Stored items
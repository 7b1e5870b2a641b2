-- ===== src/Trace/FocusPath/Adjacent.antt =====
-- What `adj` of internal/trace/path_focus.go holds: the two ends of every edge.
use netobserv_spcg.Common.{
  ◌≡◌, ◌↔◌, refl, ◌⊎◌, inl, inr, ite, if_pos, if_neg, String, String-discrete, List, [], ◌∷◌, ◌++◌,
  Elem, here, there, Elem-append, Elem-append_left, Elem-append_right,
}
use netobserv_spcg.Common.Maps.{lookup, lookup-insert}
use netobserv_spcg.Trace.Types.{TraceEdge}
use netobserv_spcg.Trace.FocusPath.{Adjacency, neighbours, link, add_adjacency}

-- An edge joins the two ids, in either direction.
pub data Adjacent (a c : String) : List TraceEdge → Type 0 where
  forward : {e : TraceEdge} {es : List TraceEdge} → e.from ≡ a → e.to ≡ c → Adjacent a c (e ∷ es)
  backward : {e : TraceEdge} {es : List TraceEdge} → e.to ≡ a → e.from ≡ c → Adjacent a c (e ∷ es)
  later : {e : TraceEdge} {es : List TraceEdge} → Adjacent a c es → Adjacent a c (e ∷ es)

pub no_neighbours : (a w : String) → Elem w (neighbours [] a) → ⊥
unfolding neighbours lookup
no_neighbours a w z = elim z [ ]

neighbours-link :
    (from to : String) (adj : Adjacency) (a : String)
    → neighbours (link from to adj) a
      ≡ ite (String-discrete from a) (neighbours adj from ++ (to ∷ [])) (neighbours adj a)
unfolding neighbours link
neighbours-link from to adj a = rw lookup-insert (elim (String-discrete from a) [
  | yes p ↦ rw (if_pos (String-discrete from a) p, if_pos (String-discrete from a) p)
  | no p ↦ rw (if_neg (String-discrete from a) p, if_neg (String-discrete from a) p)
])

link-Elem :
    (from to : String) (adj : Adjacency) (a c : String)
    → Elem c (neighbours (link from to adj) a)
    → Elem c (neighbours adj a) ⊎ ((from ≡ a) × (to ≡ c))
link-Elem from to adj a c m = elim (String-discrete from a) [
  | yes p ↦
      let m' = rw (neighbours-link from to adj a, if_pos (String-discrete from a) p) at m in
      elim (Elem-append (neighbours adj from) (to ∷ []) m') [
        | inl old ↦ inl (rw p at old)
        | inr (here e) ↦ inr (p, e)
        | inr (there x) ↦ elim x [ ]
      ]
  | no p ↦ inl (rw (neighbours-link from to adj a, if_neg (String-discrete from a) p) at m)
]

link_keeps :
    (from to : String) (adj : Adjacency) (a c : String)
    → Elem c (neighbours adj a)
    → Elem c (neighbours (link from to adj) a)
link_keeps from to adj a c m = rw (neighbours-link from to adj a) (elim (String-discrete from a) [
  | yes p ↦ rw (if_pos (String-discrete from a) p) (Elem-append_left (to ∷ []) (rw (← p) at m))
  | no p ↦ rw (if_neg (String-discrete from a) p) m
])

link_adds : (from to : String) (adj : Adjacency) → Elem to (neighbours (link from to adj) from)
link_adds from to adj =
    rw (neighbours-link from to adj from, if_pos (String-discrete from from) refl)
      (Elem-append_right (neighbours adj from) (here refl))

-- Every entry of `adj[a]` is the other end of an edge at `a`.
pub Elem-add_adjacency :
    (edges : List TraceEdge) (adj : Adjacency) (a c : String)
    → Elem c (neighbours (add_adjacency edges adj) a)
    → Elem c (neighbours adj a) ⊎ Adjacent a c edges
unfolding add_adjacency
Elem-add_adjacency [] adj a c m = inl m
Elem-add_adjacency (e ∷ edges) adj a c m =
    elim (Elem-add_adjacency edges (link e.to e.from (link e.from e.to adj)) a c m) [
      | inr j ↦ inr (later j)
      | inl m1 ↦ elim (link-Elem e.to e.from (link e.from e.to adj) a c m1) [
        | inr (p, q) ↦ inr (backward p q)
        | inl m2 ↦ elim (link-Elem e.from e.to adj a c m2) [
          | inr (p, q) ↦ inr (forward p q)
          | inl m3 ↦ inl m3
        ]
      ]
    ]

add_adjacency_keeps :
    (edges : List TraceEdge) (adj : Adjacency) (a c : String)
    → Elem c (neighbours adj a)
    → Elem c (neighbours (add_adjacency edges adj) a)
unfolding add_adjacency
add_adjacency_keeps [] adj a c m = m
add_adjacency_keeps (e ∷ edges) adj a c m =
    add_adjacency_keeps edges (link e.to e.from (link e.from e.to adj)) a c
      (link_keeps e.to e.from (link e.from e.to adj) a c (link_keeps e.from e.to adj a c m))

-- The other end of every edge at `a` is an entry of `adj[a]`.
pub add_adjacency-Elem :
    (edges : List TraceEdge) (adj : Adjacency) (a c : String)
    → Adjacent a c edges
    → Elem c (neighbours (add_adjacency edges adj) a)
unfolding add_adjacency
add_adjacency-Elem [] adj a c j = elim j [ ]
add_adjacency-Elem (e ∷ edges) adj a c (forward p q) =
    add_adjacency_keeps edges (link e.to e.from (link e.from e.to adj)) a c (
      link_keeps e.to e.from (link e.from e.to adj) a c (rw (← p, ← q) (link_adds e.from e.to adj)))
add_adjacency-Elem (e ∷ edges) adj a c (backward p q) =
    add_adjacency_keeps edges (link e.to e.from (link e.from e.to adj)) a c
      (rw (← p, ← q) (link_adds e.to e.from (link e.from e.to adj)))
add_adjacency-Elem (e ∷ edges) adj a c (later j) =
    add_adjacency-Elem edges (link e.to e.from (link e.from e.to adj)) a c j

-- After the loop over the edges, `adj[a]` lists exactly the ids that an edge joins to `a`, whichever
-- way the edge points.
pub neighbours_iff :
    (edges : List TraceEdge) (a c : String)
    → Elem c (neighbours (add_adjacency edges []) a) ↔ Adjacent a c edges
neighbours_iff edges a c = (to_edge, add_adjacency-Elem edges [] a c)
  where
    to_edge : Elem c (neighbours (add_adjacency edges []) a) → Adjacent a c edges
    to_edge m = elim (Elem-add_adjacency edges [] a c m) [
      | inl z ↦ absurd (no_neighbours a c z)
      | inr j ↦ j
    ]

● What you should do:
Scan the entries above for the string "later" and copy each line containing it.

● Solution to the problem:
  later : {e : TraceEdge} {es : List TraceEdge} → Adjacent a c es → Adjacent a c (e ∷ es)
      | inr j ↦ inr (later j)
add_adjacency-Elem (e ∷ edges) adj a c (later j) =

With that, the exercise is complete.